Items from a dataset
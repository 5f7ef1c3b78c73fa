-- ===== src/Service/Placement/Tests.antt =====
-- Runs of the placement of queued markets.
use polymarket_event_quant.Base.{
  ◌≤◌, ◌≡◌, refl, none, some, [], ◌∷◌, arith, ok, true, false, ℕ, Result, List, All, length, map,
  ◌++◌,
}
use mathlib.Core.Path.{subst}
use polymarket_event_quant.Models.{PlacementResult, Market, Outcome}
use polymarket_event_quant.Database.Queries.{active_reserved_usd}
use polymarket_event_quant.Service.{Bot, Settings}
use polymarket_event_quant.Exchange.Session.{Submission}
use polymarket_event_quant.Service.Placement.{
  place_activated_markets, consider_all, consider_market,
}
use polymarket_event_quant.Service.Placement.Steps.{Desk, DualEnd, is_eligible, add_orders}
use polymarket_event_quant.Service.Placement.Budget.{placement_within_limit}
use polymarket_event_quant.Service.Placement.Budget.Placed.{FitsDesk}
use polymarket_event_quant.Fixtures.{cents, settings, bot, market, client, placed}
use polymarket_event_quant.Models.Statuses.{is_tracked}
use polymarket_event_quant.Base.Decimal.{mul, div}
use polymarket_event_quant.Database.{
  can_start_entry_plan, prepare_market, has_market, add_market, set_market_state, event, add_order,
}
use polymarket_event_quant.Exchange.Knock.{KnockOutcome, KnockPlan}
use polymarket_event_quant.Service.Placement.Live.{AcceptsOnce, exchange_desk, live_within_limit}
use polymarket_event_quant.Exchange.Lost.Tests.{half, wording}
use polymarket_event_quant.Exchange.Signing.Tests.{signer, session}
use polymarket_event_quant.Exchange.{Exc}
use polymarket_event_quant.Service.Placement.Budget.Rules.{IsExact}

abbrev result : PlacementResult
result = record {
  orders = [];
  error = some "not listed";
  retryable = true;
  attempts = 3;
  expected = 2;
  registered_ts_ms = none;
  held_back = 0;
  gave_up = false;
}

-- the exchange lists nothing yet
abbrev pub desk : Desk
desk = record {
  place_dual = λ call m price size until. DualEnd.placed result;
  reconcile_ambiguous_dual = λ call m price size retryable. ok result;
  order_books_ready = λ call m. ok false;
  entry_submission = Submission.both_sides;
  clock_ms = λ call. 1_000;
  day_start = 0;
}

abbrev new_market : Market
new_market = record market { slug = "next" }

abbrev limited_settings : Settings
limited_settings = record settings { max_reserved_usd = some (cents 1_000_000) }

abbrev pub queued : Bot
queued = record bot {
  activation_market_updates =
      record {
        market = new_market;
        market_discovered_ts_ms = 0;
        market_parameters_detected_ts_ms = 0;
      }
      ∷ [];
}

-- the exchange accepts both legs
abbrev both_placed : Market → PlacementResult
both_placed m = record result {
  orders =
      record placed {
        order_id = "n1";
        token_id = m.up_token_id;
        price = cents 10;
        size = cents 10000;
      }
      ∷ record placed {
        order_id = "n2";
        token_id = m.down_token_id;
        price = cents 10;
        size = cents 10000;
      }
      ∷ [];
  error = none;
  retryable = false;
}

abbrev placing : Desk
placing = record desk {
  place_dual = λ call m price size until. DualEnd.placed (both_placed m);
  reconcile_ambiguous_dual = λ call m price size retryable. ok (both_placed m);
}

fits : FitsDesk limited_settings.plan placing
fits = ((λ call m until. omega arith), (λ call m retryable. omega arith))

exact : IsExact limited_settings.plan
unfolding div
exact = refl

within : active_reserved_usd queued.db ≤ cents 1_000_000
unfolding active_reserved_usd is_tracked mul
within = omega arith

placement_within_limit_example :
    active_reserved_usd ((place_activated_markets placing limited_settings 150 queued).1).db
    ≤ cents 1_000_000
placement_within_limit_example =
    placement_within_limit (cents 1_000_000) placing limited_settings 150 queued fits exact refl
      within

-- the two orders of that run are in the table
both_recorded :
    map (λ o. o.order_id) (place_activated_markets placing limited_settings 150 queued).1.db.orders
    ≡ map (λ o. o.order_id) queued.db.orders ++ "n1" ∷ "n2" ∷ []
unfolding place_activated_markets consider_all consider_market is_eligible can_start_entry_plan
    active_reserved_usd is_tracked mul div prepare_market has_market add_market add_orders
    set_market_state event add_order
both_recorded = refl

queued_again :
    ((place_activated_markets desk limited_settings 150 queued).1).activation_market_updates
    ≡ queued.activation_market_updates
unfolding place_activated_markets consider_all consider_market is_eligible can_start_entry_plan
    active_reserved_usd is_tracked mul div prepare_market has_market add_market add_orders
    set_market_state event
queued_again = refl

-- the venue accepts both legs within the knock
abbrev whole : KnockOutcome
whole = record half {
  accepted =
      record { order_id = "n1"; outcome = Outcome.up; status = 200; body = "{}" }
      ∷ record { order_id = "n2"; outcome = Outcome.down; status = 200; body = "{}" }
      ∷ [];
  ambiguous = [];
}

abbrev knock_whole : ℕ → KnockPlan → Result Exc (List KnockOutcome)
knock_whole call plan = ok (whole ∷ [])

accepts_once : AcceptsOnce knock_whole
accepts_once call plan outcomes h =
    let e : whole ∷ [] ≡ outcomes = grind arith in
    subst (λ os. All (λ o. length o.accepted ≤ 2) os) e (omega arith, tt)

live_within_limit_example :
    active_reserved_usd
      (place_activated_markets
        (exchange_desk client
          (signer 2)
          wording
          knock_whole
          Submission.both_sides
          20
          (λ call. session)
          desk)
        limited_settings
        150
        queued).1.db
    ≤ cents 1_000_000
live_within_limit_example =
    live_within_limit client (signer 2) wording knock_whole Submission.both_sides 20
      (λ call. session) desk (cents 1_000_000) limited_settings 150 queued accepts_once exact refl
      within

**Activity:** Please give the number of lines above that hold the word "Models", and only that number.

**Completed task:** 2